Kraft next contends the trial court erred in not allowing her to amend her petition. This issue was last examined in Hodges, supra, wherein our supreme court held that a petition to contest an election may not be amended to conform with the jurisdictional requirements of the statutes after the original filing deadline has expired. 402 N.E.2d at 1233. In the present case, Kraft's motion to amend was filed almost two months after the expiration of the original filing deadline. Therefore, the trial court did not err in disallowing the amendment.


CHEZEM, J., concurs in result.

SULLIVAN, J., dissents with separate opinion.

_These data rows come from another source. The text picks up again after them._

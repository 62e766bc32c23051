-- ===== src/Scheduler/Room.antt =====
-- Counting the entries of an array: distinct entries below a bound are at most that many.
use native.Mathlib.Decide.{ℕ_discrete, dec_lt}
use bradyp_os.Base.{ℕ, zero, suc, ◌+◌, ◌≤◌, ◌<◌, ◌≡◌, ◌≢◌, refl, ◌==◌, bit, arith}
use bradyp_os.Base.Array.{Array, count}

-- How many of the first `n` entries are below `m`.
total : ℕ → Array → ℕ → ℕ
total zero a n = 0
total (suc m) a n = count m a n + total m a n

-- 1 if `x` is below `m`, else 0.
hits : ℕ → ℕ → ℕ
hits zero x = 0
hits (suc m) x = bit (x == m) + hits m x

hits_above : (m x : ℕ) → m ≤ x → hits m x ≡ 0
unfolding hits
hits_above zero x h = refl
hits_above (suc m) x h = ground (arith, hits_above m x)

hits_below : (m x : ℕ) → x < m → hits m x ≡ 1
unfolding hits
hits_below zero x h = elim h [ ]
hits_below (suc m) x h = ground (arith, hits_below m x, hits_above m x)

total-suc : (m : ℕ) (a : Array) (n : ℕ) → total m a (suc n) ≡ hits m (a n) + total m a n
unfolding total hits count
total-suc zero a n = omega arith
total-suc (suc m) a n = omega (arith, total-suc m a n)

total-zero : (m : ℕ) (a : Array) → total m a 0 ≡ 0
unfolding total count
total-zero zero a = refl
total-zero (suc m) a = omega (arith, total-zero m a)

total_all : (m : ℕ) (a : Array) (n : ℕ) → ((j : ℕ) → j < n → a j < m) → total m a n ≡ n
total_all m a zero h = total-zero m a
total_all m a (suc n) h = omega (
  arith,
  total-suc m a n,
  hits_below m (a n) (h n (omega arith)),
  total_all m a n (λ j p. h j (omega arith)),
)

total_bound : (m : ℕ) (a : Array) (n : ℕ) → ((x : ℕ) → x < m → count x a n ≤ 1) → total m a n ≤ m
unfolding total
total_bound zero a n h = omega arith
total_bound (suc m) a n h =
    omega (arith, h m (omega arith), total_bound m a n (λ x p. h x (omega arith)))

total_strict :
    (m : ℕ) (a : Array) (n y : ℕ)
    → ((x : ℕ) → x < m → count x a n ≤ 1)
    → y < m
    → count y a n ≡ 0
    → total m a n < m
unfolding total
total_strict zero a n y h p e = elim p [ ]
total_strict (suc m) a n y h p e = elim (ℕ_discrete y m) [
  | yes q ↦ omega (arith, rw q at e, total_bound m a n (λ x p. h x (omega arith)))
  | no q ↦
      omega
        (arith, h m (omega arith), total_strict m a n y (λ x p. h x (omega arith)) (omega arith) e)
]

pub count_pos : (a : Array) (n j : ℕ) → j < n → 0 < count (a j) a n
unfolding count
count_pos a zero j h = elim h [ ]
count_pos a (suc n) j h = ground (arith, count_pos a n j)

pub count_zero : (x : ℕ) (a : Array) (n : ℕ) → ((j : ℕ) → j < n → a j ≢ x) → count x a n ≡ 0
unfolding count
count_zero x a zero h = refl
count_zero x a (suc n) h = ground (arith, h n, count_zero x a n (λ j p. h j (omega arith)))

inside :
    (m : ℕ) (a : Array) (n : ℕ) → ((x : ℕ) → m ≤ x → count x a n ≡ 0) → (j : ℕ) → j < n → a j < m
inside m a n out j h = elim (dec_lt (a j) m) [
  | yes p ↦ p
  | no q ↦ absurd (omega (arith, out (a j) (omega arith), count_pos a n j h))
]

module _ (m : ℕ) (a : Array) (n : ℕ) (out : (x : ℕ) → m ≤ x → count x a n ≡ 0)
    (once : (x : ℕ) → x < m → count x a n ≤ 1) where
  -- There is room for `m` values at most.
  pub size-le : n ≤ m
  size-le = omega (arith, total_all m a n (inside m a n out), total_bound m a n once)

  -- A value that is missing leaves room for one more.
  pub size-lt : (y : ℕ) → y < m → count y a n ≡ 0 → n < m
  size-lt y p e = omega (arith, total_all m a n (inside m a n out), total_strict m a n y once p e)
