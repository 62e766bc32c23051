-- ===== src/Scheduler/State.antt =====
-- The scheduler's invariant, and what the search of kern/thread.c for a heap entry and the removal of
-- one do in its states.
use mathlib.Core.Path.{subst}
use bradyp_os.Base.{
  ℕ, zero, suc, ◌+◌, ◌≤◌, ◌<◌, ◌≡◌, ◌≢◌, inl, inr, refl, Bool, true, false, not, ◌&&◌, ◌==◌, bit,
  arith, Bool-cases, eq_of_test, ne_of_test,
}
use bradyp_os.Base.Array.{Array, count}
use bradyp_os.Heap
use bradyp_os.Heap.{Heap, fail}
use bradyp_os.Heap.Contents.{count-delete}
use bradyp_os.Kernel.{is_runnable, Kernel, thread_max_count}
use bradyp_os.Scheduler.{
  compare_thread_by_prio, thread_schedule_delete, find_from, find_idx_in_heap, unschedule,
}
use bradyp_os.Scheduler.Room.{count_pos, count_zero, size-le, size-lt}

-- How often the thread `x` stands in the scheduler's heap.
abbrev pub queued : Kernel → ℕ → ℕ
queued k x = count x k.schedule.items k.schedule.size

-- The thread `x` waits for the processor.
abbrev pub is_waiting : Kernel → ℕ → Bool
is_waiting k x = is_runnable (k.tcb_store x).state && not (x == k.current_thread_idx)

-- The heap holds each runnable thread that does not run once, and nothing else.
pub record IsScheduled (k : Kernel) : Type 0 where
  pub exact : (x : ℕ) → x < thread_max_count → queued k x ≡ bit (is_waiting k x)
  pub inside : (x : ℕ) → thread_max_count ≤ x → queued k x ≡ 0

pub bit_le : (b : Bool) → bit b ≤ 1
bit_le true = omega arith
bit_le false = omega arith

module _ (k : Kernel) (v : IsScheduled k) where
  once : (x : ℕ) → x < thread_max_count → queued k x ≤ 1
  once x p = omega (arith, v.exact x p, bit_le (is_waiting k x))

  -- The heap never holds more than the 16 threads.
  pub schedule_size : k.schedule.size ≤ thread_max_count
  schedule_size = size-le thread_max_count k.schedule.items k.schedule.size v.inside once

  -- There is room for a thread that is not in the heap.
  pub schedule_room :
      (t : ℕ) → t < thread_max_count → queued k t ≡ 0 → k.schedule.size < thread_max_count
  schedule_room = size-lt thread_max_count k.schedule.items k.schedule.size v.inside once

pub find_from-hit :
    (n i : ℕ) (a : Array) (x : ℕ)
    → find_from n i a x ≢ fail
    → (find_from n i a x < i + n) × (a (find_from n i a x) ≡ x)
unfolding find_from
find_from-hit zero i a x h = absurd (h refl)
find_from-hit (suc n) i a x h = ground (arith, find_from-hit n (i + 1) a x)

pub find_from-miss :
    (n i : ℕ) (a : Array) (x : ℕ)
    → find_from n i a x ≡ fail
    → i + n ≤ fail
    → (j : ℕ) → i ≤ j
    → j < i + n
    → a j ≢ x
unfolding find_from
find_from-miss zero i a x h w j p q = absurd (omega arith)
find_from-miss (suc n) i a x h w j p q = elim (Bool-cases (a i == x)) [
  | inl hit ↦ absurd (ground arith)
  | inr miss ↦ λ e. ground (arith, find_from-miss n (i + 1) a x (rw miss at h) (omega arith) j)
]

module _ (k : Kernel) (t : ℕ) (small : k.schedule.size ≤ thread_max_count) where
  -- Taking out a thread that is not in the heap changes nothing.
  pub unschedule-absent : queued k t ≡ 0 → unschedule k t ≡ k
  unfolding unschedule find_idx_in_heap
  unschedule-absent e = elim (Bool-cases (find_idx_in_heap k t == fail)) [
    | inl miss ↦ rw miss
    | inr hit ↦
        let f = find_from-hit k.schedule.size 0 k.schedule.items t (ne_of_test _ _ hit) in
        absurd (
          omega (
            arith,
            e,
            rw f.1 at (
                count_pos k.schedule.items k.schedule.size (find_idx_in_heap k t)
                  (omega (arith, f.0))),
          ))
  ]

  -- A thread in the heap is taken out once.
  pub queued-unschedule :
      (x : ℕ) → 0 < queued k t → queued (unschedule k t) x + bit (t == x) ≡ queued k x
  unfolding unschedule find_idx_in_heap thread_schedule_delete
  queued-unschedule x p = elim (Bool-cases (find_idx_in_heap k t == fail)) [
    | inl miss ↦ absurd (
        omega (
          arith,
          p,
          count_zero t k.schedule.items k.schedule.size (λ j q.
              find_from-miss k.schedule.size 0 k.schedule.items t (eq_of_test _ _ miss)
                (omega arith) j (omega arith) (omega arith)),
        ))
    | inr hit ↦
        let f = find_from-hit k.schedule.size 0 k.schedule.items t (ne_of_test _ _ hit) in
        rw hit (
          subst
            (λ y.
              count x
                  (Heap.delete (compare_thread_by_prio k) k.schedule (find_idx_in_heap k t)).items
                  (Heap.delete (compare_thread_by_prio k) k.schedule (find_idx_in_heap k t)).size
                + bit (y == x)
              ≡ queued k x)
            f.1
            (count-delete (compare_thread_by_prio k) x k.schedule (find_idx_in_heap k t)
              (omega (arith, f.0)) (omega arith)))
  ]
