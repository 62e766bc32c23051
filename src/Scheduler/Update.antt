-- ===== src/Scheduler/Update.antt =====
-- `set_thread_state` of kern/thread.c keeps the scheduler's invariant.
use bradyp_os.Base.{
  ℕ, ◌+◌, ◌<◌, ◌≡◌, inl, inr, refl, Bool, true, false, not, ◌&&◌, ◌==◌, if◌then◌else◌, bit, arith,
  Bool-cases,
}
use bradyp_os.Heap.Contents.{count-insert}
use bradyp_os.Kernel.{ThreadState, is_runnable, Kernel, put_tcb, thread_max_count}
use bradyp_os.Scheduler.{
  compare_thread_by_prio, thread_schedule_insert, thread_schedule_delete, unschedule,
  adjust_schedule, set_thread_state,
}
use bradyp_os.Scheduler.State.{
  queued, IsScheduled, schedule_size, schedule_room, unschedule-absent, queued-unschedule,
}

-- The heap's functions leave the blocks and the running thread alone.
pub record SameThreads (k k' : Kernel) : Type 0 where
  pub blocks : k'.tcb_store ≡ k.tcb_store
  pub current : k'.current_thread_idx ≡ k.current_thread_idx

pub unschedule-SameThreads : (k : Kernel) (t : ℕ) → SameThreads k (unschedule k t)
unfolding unschedule thread_schedule_delete
unschedule-SameThreads k t = ground arith

pub thread_schedule_insert-SameThreads :
    (k : Kernel) (t : ℕ) → SameThreads k (thread_schedule_insert k t)
unfolding thread_schedule_insert
thread_schedule_insert-SameThreads k t = record { blocks = refl; current = refl }

-- Whether `t` joins the heap and whether it leaves it.
abbrev pub joins : Kernel → ℕ → ThreadState → Bool
joins k t s = is_runnable s && not (is_runnable (k.tcb_store t).state)

abbrev pub leaves : Kernel → ℕ → ThreadState → Bool
leaves k t s = not (is_runnable s) && is_runnable (k.tcb_store t).state

adjust_schedule_lem :
    (k : Kernel) (t : ℕ) (s : ThreadState)
    → adjust_schedule k t s ≡ (
        if joins k t s
        then thread_schedule_insert k t
        else if leaves k t s
        then unschedule k t
        else k)
unfolding adjust_schedule
adjust_schedule_lem k t s = refl

pub adjust_schedule-SameThreads :
    (k : Kernel) (t : ℕ) (s : ThreadState) → SameThreads k (adjust_schedule k t s)
adjust_schedule-SameThreads k t s = elim (Bool-cases (joins k t s)) [
  | inl j ↦ rw (adjust_schedule_lem, j) (thread_schedule_insert-SameThreads k t)
  | inr j ↦ elim (Bool-cases (leaves k t s)) [
    | inl l ↦ rw (adjust_schedule_lem, j, l) (unschedule-SameThreads k t)
    | inr l ↦ rw (adjust_schedule_lem, j, l) (record { blocks = refl; current = refl })
  ]
]

module _ (k : Kernel) (v : IsScheduled k) (t : ℕ) (listed : t < thread_max_count) where
  pub queued-insert :
      (x : ℕ) → queued k t ≡ 0 → queued (thread_schedule_insert k t) x ≡ queued k x + bit (t == x)
  unfolding thread_schedule_insert
  queued-insert x e =
      count-insert (compare_thread_by_prio k) x k.schedule thread_max_count t
        (schedule_room k v t listed e)

  queued-leaves :
      (s : ThreadState) (x : ℕ)
      → leaves k t s ≡ true
      → queued (unschedule k t) x
        ≡ (if x == t then bit (is_runnable s && not (t == k.current_thread_idx)) else queued k x)
  queued-leaves s x l = elim (Bool-cases (t == k.current_thread_idx)) [
    | inl runs ↦
        let e : queued k t ≡ 0 = ground (arith, v.exact t) in
        rw (unschedule-absent k t (schedule_size k v) e) (ground arith)
    | inr waits ↦
        let e : queued k t ≡ 1 = ground (arith, v.exact t) in
        ground (arith, queued-unschedule k t (schedule_size k v) x (omega arith))
  ]

  -- How often a thread is queued after the change: once if it waits, else not at all.
  pub queued-adjust :
      (s : ThreadState) (x : ℕ)
      → (joins k t s && t == k.current_thread_idx) ≡ false
      → queued (adjust_schedule k t s) x
        ≡ (if x == t then bit (is_runnable s && not (t == k.current_thread_idx)) else queued k x)
  queued-adjust s x fine = elim (Bool-cases (joins k t s)) [
    | inl j ↦ rw (adjust_schedule_lem, j) (ground (arith, queued-insert x, v.exact t))
    | inr j ↦ elim (Bool-cases (leaves k t s)) [
      | inl l ↦ rw (adjust_schedule_lem, j, l) (queued-leaves s x l)
      | inr l ↦ rw (adjust_schedule_lem, j, l) (ground (arith, v.exact t))
    ]
  ]

-- `set_thread_state` on one of the 16 threads keeps the scheduler's invariant, unless it makes
-- the running thread runnable that was not.
pub set_thread_state-IsScheduled :
    (k : Kernel) (t : ℕ) (s : ThreadState)
    → IsScheduled k
    → t < thread_max_count
    → (joins k t s && t == k.current_thread_idx) ≡ false
    → IsScheduled (set_thread_state k t s)
unfolding set_thread_state put_tcb
set_thread_state-IsScheduled k t s v listed fine =
    let same = adjust_schedule-SameThreads k t s in
    record {
      exact = λ x p.
          rw (queued-adjust k v t listed s x fine, same.blocks, same.current)
            (ground (arith, v.exact x));
      inside = λ x p. rw (queued-adjust k v t listed s x fine) (ground (arith, v.inside x));
    }

-- In a state of the scheduler's invariant, making the running thread, one of the 16, runnable
-- that was not puts it into the heap while it runs, which breaks the invariant.
pub set_thread_state-current :
    (k : Kernel) (t : ℕ)
    → IsScheduled k
    → t < thread_max_count
    → t ≡ k.current_thread_idx
    → is_runnable (k.tcb_store t).state ≡ false
    → (queued (set_thread_state k t ThreadState.runnable) t ≡ 1)
      × ¬ IsScheduled (set_thread_state k t ThreadState.runnable)
unfolding set_thread_state put_tcb
set_thread_state-current k t v listed e blocked =
    (inside_heap, λ w. ground (arith, w.exact t, inside_heap))
  where
    inside_heap : queued (set_thread_state k t ThreadState.runnable) t ≡ 1
    inside_heap =
        let j : joins k t ThreadState.runnable ≡ true = ground arith in
        let absent : queued k t ≡ 0 = ground (arith, v.exact t) in
        rw (adjust_schedule_lem, j) (ground (arith, queued-insert k v t listed t absent))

SULLIVAN, Judge, dissenting.

The majority has correctly observed that the statutory provisions for an election contest upon grounds of fraud or election board misconduct have been repealed. One can only speculate as to what may have been in the minds of the General Assembly in demonstrating its collective wisdom.

It may be that our legislature desired that elections tainted by fraud or election board misconduct be attacked not by the election contest provisions of I.C. 3-12-8-1 et seq. but by the recount provisions of I.C. 3-12-6-1 et seq. (Burns Code Ed.Supp. 1991). In particular, a broad reading of *311 I.C. 3-12-6-3(5) might permit inclusion of invalid votes among those "not correctly counted and returned."

In any event, I cannot agree that a candidate who has been denied public office through fraud or official misconduct is without recourse. Fraud has always been held to vitiate a result thus obtained. 37 Am.Jur.2d Fraud and Deceit, § 8, p. 28 (1968 & Supp. 1991). It is the public policy of this state to prevent fraud, not to perpetuate it. Kingan & Co., Ltd. v. Silvers (1894) 13 Ind. App. 80, 37 N.E. 413.

Kraft's petition was adequate to withstand the Motion to Dismiss premised upon T.R. 12(B)(1) or 12(B)(6). Accordingly, I would reverse the the judgment and order reinstatement of the Petition, whether to be considered as a contest petition or a petition for recount.


[1] In deciding this case, we examine only the question of whether Kraft may challenge King's nomination for election board and candidate irregularity and fraud under IC 3-12-8-1 et seq., as presently worded. In so doing, we express no opinion as to whether any election now may be challenged and set aside for irregularity, mistake, fraud, or misconduct of the election board or another candidate either under this statute, as amended, or in some other manner.

We note without comment, the legislature's 1988 amendments of IC 3-12-8-2 and IC 3-12-8-6, eliminated

(1) irregularity or misconduct by any member or officer of a county election board or precinct election board, and

(2) mistake or fraud in the official count of the votes,

as grounds for contesting elections. See P.L. 10-1988, § 153; P.L. 10-1989, § 12; and P.L. 4-1991, § 117. We further note P.L. 10-1988, § 238, repealed IC 3-12-8-3 and IC 3-12-8-4, which dealt with conditions in which findings of irregularity, misconduct, fraud, or mistake were not causes for setting aside an election.

Although we do not so decide, it may well be elections in this state may not now be challenged or set aside for irregularity or fraud either by the participants or in the vote count, an obvious anomaly since any election participant may be criminally prosecuted for election fraud under IC 3-14-2-1 et seq.